### Task directions:
If a line in the listing below includes the string "Bool", pull it out.

### Data:
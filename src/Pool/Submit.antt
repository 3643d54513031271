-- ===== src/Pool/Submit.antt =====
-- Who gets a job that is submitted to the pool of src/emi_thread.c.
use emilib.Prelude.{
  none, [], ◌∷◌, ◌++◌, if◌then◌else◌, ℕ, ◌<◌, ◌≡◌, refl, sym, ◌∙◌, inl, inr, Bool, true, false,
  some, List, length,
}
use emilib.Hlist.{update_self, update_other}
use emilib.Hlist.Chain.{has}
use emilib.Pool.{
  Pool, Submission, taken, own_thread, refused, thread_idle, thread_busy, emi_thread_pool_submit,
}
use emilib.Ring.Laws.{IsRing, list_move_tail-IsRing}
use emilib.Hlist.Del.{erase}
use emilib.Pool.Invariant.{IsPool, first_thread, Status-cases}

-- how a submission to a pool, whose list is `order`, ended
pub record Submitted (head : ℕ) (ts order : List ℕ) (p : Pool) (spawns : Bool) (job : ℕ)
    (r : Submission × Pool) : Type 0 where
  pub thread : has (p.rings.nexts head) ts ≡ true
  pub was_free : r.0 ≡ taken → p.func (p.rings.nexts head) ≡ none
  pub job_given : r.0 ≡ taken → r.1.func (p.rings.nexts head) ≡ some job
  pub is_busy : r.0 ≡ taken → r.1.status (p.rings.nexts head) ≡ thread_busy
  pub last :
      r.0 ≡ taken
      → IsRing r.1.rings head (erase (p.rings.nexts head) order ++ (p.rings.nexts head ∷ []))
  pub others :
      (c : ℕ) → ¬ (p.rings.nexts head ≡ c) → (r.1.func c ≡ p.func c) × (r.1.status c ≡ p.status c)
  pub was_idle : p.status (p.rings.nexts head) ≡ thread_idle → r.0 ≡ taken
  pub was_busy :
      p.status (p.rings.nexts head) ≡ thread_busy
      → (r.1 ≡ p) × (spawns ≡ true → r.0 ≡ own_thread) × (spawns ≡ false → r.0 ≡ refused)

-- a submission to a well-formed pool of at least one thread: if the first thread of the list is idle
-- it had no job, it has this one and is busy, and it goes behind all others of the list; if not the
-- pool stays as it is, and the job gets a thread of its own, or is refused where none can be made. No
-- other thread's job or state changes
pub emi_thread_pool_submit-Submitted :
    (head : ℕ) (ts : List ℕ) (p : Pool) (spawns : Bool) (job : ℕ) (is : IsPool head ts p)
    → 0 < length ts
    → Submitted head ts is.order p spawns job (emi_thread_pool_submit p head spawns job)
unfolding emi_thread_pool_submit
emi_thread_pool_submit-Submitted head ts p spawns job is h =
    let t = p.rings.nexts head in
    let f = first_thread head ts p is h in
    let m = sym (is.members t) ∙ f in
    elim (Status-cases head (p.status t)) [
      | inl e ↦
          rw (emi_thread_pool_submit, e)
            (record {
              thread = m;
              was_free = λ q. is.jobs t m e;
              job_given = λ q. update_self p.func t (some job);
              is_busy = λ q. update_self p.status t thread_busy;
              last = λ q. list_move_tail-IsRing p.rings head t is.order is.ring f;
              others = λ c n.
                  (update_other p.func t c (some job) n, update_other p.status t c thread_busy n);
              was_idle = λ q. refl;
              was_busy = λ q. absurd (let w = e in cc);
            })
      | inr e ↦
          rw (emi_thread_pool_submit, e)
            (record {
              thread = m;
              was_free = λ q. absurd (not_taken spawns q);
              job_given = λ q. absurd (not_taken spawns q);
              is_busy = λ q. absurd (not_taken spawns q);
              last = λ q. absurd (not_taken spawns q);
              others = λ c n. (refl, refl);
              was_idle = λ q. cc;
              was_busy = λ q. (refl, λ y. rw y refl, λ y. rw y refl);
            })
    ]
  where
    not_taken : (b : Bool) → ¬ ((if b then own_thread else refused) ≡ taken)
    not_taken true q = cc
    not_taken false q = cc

### The completed task:
  none, [], ◌∷◌, ◌++◌, if◌then◌else◌, ℕ, ◌<◌, ◌≡◌, refl, sym, ◌∙◌, inl, inr, Bool, true, false,
pub record Submitted (head : ℕ) (ts order : List ℕ) (p : Pool) (spawns : Bool) (job : ℕ)
    (head : ℕ) (ts : List ℕ) (p : Pool) (spawns : Bool) (job : ℕ) (is : IsPool head ts p)
    not_taken : (b : Bool) → ¬ ((if b then own_thread else refused) ≡ taken)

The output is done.